Show every line from the entries that follow which holds the word "Bool".

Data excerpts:
_ _ _
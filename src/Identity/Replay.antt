-- ===== src/Identity/Replay.antt =====
-- `signingChallengeReplayStore`: each challenge is consumed at most once while it lives.
pub mod Laws
use Prim.Native.Char.{Char}
use Prim.Native.String
use go_cell_protocol.Prelude.{
  ℕ, String, Bool, true, false, List, [], ◌∷◌, Option, none, some, str_eq, leb, length,
  if◌then◌else◌, ◌⧺◌, Dict, lookup, insert, is_some,
}
use go_cell_protocol.Prelude.Int.{ℤ, ltb_ℤ}
use go_cell_protocol.Identity.{SigningChallenge, Crypto}

abbrev pub maximum_replays : ℕ
maximum_replays = 4096

-- `strings.Join`.
unfoldable pub join : String → List String → String
join sep [] = ""
join sep (s ∷ []) = s
join sep (s ∷ t ∷ l) = s ⧺ (sep ⧺ join sep (t ∷ l))

-- The unit separator, U+001F.
abbrev unit_separator : String
unit_separator = String.◌∷◌ (Char.char 0x1f tt) ""

module _ (k : Crypto) where
  -- `replayKey`.
  unfoldable pub replay_key : SigningChallenge → String
  unfolding join
  replay_key c = join unit_separator (
      c.identity_uuid
      ∷ c.public_key_fingerprint
      ∷ c.domain
      ∷ c.resource
      ∷ c.action
      ∷ c.audience
      ∷ k.base64_encode c.nonce
      ∷ [])

-- The consumed challenges with the times at which they expire.
abbrev pub Consumed : Type 0
Consumed = Dict ℤ

-- The loop that forgets what has expired.
unfoldable pub purge : ℤ → Consumed → Consumed
purge now [] = []
purge now ((key, expires) ∷ m) =
    let rest = purge now m in if ltb_ℤ expires now then rest else (key, expires) ∷ rest

module _ (k : Crypto) where
  -- `consume`: the store after the call, and its error if there is one.
  unfoldable pub consume : Consumed → SigningChallenge → ℤ → Consumed × Option String
  consume s c now =
      let kept = purge now s in
      if is_some (lookup (replay_key k c) kept)
      then (kept, some "identity signing challenge replay denied")
      else if leb maximum_replays (length kept)
      then (kept, some "identity signing challenge replay store is full")
      else (insert (replay_key k c) c.expires_at kept, none)
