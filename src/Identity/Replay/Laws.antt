-- ===== src/Identity/Replay/Laws.antt =====
-- Replays are refused while the challenge lives, and the store is bounded.
use go_cell_protocol.Prelude.{
  ◌+◌, ◌≤◌, String, ◌≡◌, ◌⊎◌, Bool, true, false, List, [], ◌∷◌, Option, none, some, arith, str_eq,
  eq_iff, length, if◌then◌else◌, lookup, insert, lookup-insert, lookup-insert_self, All, Bool-cases,
  inl, inr,
}
use go_cell_protocol.Prelude.Int.{ℤ, ltb_ℤ, ◌≤ℤ◌}
use go_cell_protocol.Identity.{SigningChallenge, Crypto}
use go_cell_protocol.Identity.Replay.{Consumed, replay_key, purge, consume, maximum_replays}

not_expired : (x e now : ℤ) → now ≤ℤ e → x ≡ e → ltb_ℤ x now ≡ false
not_expired x e now le q = rw q (not_less e now le)
  where
    not_less : (a b : ℤ) → b ≤ℤ a → ltb_ℤ a b ≡ false
    not_less a b h = ground arith

lookup-purge :
    (key : String) (e now : ℤ) (s : Consumed)
    → lookup key s ≡ some e
    → now ≤ℤ e
    → lookup key (purge now s) ≡ some e
unfolding lookup purge
lookup-purge key e now [] h le = h
lookup-purge key e now ((j, x) ∷ s) h le = elim (Bool-cases (ltb_ℤ x now)) [
  | inl old ↦ rw old (lookup-purge key e now s (other (str_eq j key) old h) le)
  | inr new ↦ rw new (ground (arith, lookup-purge key e now s))
]
  where
    other :
        (same : Bool)
        → ltb_ℤ x now ≡ true
        → (if same then some x else lookup key s) ≡ some e
        → lookup key s ≡ some e
    other true old q = absurd (clash old (not_expired x e now le (unwrap q)))
      where
        unwrap : ◌≡◌ {A = Option ℤ} (some x) (some e) → x ≡ e
        unwrap r = cc

        clash : ltb_ℤ x now ≡ true → ltb_ℤ x now ≡ false → ⊥
        clash a b = cc
    other false old q = q

length-purge : (now : ℤ) (s : Consumed) → length (purge now s) ≤ length s
unfolding purge
length-purge now [] = omega arith
length-purge now ((j, x) ∷ s) = ground (arith, length-purge now s)

length-insert : (key : String) (e : ℤ) (s : Consumed) → length (insert key e s) ≤ length s + 1
unfolding insert
length-insert key e [] = omega arith
length-insert key e ((j, x) ∷ s) = ground (arith, length-insert key e s)

module _ (k : Crypto) where
  -- The store never holds more than 4096 challenges.
  pub length-consume_le :
      (s : Consumed) (c : SigningChallenge) (now : ℤ)
      → length s ≤ maximum_replays
      → length (consume k s c now).0 ≤ maximum_replays
  unfolding consume
  length-consume_le s c now h =
      ground (arith, length-purge now s, length-insert (replay_key k c) c.expires_at (purge now s))

  -- While a challenge lives, its entry outlives every consume.
  lookup-consume :
      (key : String) (e now : ℤ) (s : Consumed) (c : SigningChallenge)
      → lookup key s ≡ some e
      → now ≤ℤ e
      → lookup key (consume k s c now).0 ≡ some e
  unfolding consume
  lookup-consume key e now s c h le =
      kept_or_new (Bool-cases (str_eq (replay_key k c) key)) (lookup-purge key e now s h le)
    where
      rk : String
      rk = replay_key k c

      kept_or_new :
          (str_eq rk key ≡ true) ⊎ (str_eq rk key ≡ false)
          → lookup key (purge now s) ≡ some e
          → lookup key (consume k s c now).0 ≡ some e
      kept_or_new (inl q) p =
          let same : rk ≡ key = (eq_iff rk key).0 q in
          let found : lookup rk (purge now s) ≡ some e = rw same p in ground arith
      kept_or_new (inr q) p = ground (arith, lookup-insert rk key c.expires_at (purge now s))

  -- Consuming one challenge after another, with the times of the calls.
  abbrev pub consume_all : Consumed → List (SigningChallenge × ℤ) → Consumed
  consume_all s [] = s
  consume_all s ((c, now) ∷ l) = consume_all (consume k s c now).0 l

  lookup-consume_all :
      (key : String) (e : ℤ) (s : Consumed) (l : List (SigningChallenge × ℤ))
      → lookup key s ≡ some e
      → All (λ p. p.1 ≤ℤ e) l
      → lookup key (consume_all s l) ≡ some e
  lookup-consume_all key e s [] h le = h
  lookup-consume_all key e s ((c, now) ∷ l) h le =
      lookup-consume_all key e (consume k s c now).0 l (lookup-consume key e now s c h le.0) le.1

  denied :
      (s : Consumed) (c : SigningChallenge) (e now : ℤ)
      → lookup (replay_key k c) s ≡ some e
      → now ≤ℤ e
      → (consume k s c now).1 ≡ some "identity signing challenge replay denied"
  unfolding consume
  denied s c e now h le = let p = lookup-purge (replay_key k c) e now s h le in ground arith

  recorded :
      (s : Consumed) (c : SigningChallenge) (now : ℤ)
      → (consume k s c now).1 ≡ none
      → lookup (replay_key k c) (consume k s c now).0 ≡ some c.expires_at
  unfolding consume
  recorded s c now h =
      ground (arith, lookup-insert_self (replay_key k c) c.expires_at (purge now s))

  -- A challenge that was consumed is refused as a replay, with every challenge of the same replay
  -- key, at any time up to its expiry, whatever else was consumed up to then.
  pub replay_denied :
      (s : Consumed) (c again : SigningChallenge) (now later : ℤ)
      (between : List (SigningChallenge × ℤ))
      → (consume k s c now).1 ≡ none
      → replay_key k again ≡ replay_key k c
      → All (λ p. p.1 ≤ℤ c.expires_at) between
      → later ≤ℤ c.expires_at
      → (consume k (consume_all (consume k s c now).0 between) again later).1
        ≡ some "identity signing challenge replay denied"
  replay_denied s c again now later between first same in_time le =
      denied (consume_all (consume k s c now).0 between) again c.expires_at later
        (rw same (
          lookup-consume_all (replay_key k c) c.expires_at (consume k s c now).0 between
            (recorded s c now first) in_time))
        le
_ _ _
> _Result of this task_
  ℕ, String, Bool, true, false, List, [], ◌∷◌, Option, none, some, str_eq, leb, length,
  ◌+◌, ◌≤◌, String, ◌≡◌, ◌⊎◌, Bool, true, false, List, [], ◌∷◌, Option, none, some, arith, str_eq,
  eq_iff, length, if◌then◌else◌, lookup, insert, lookup-insert, lookup-insert_self, All, Bool-cases,
lookup-purge key e now ((j, x) ∷ s) h le = elim (Bool-cases (ltb_ℤ x now)) [
        (same : Bool)
      kept_or_new (Bool-cases (str_eq (replay_key k c) key)) (lookup-purge key e now s h le)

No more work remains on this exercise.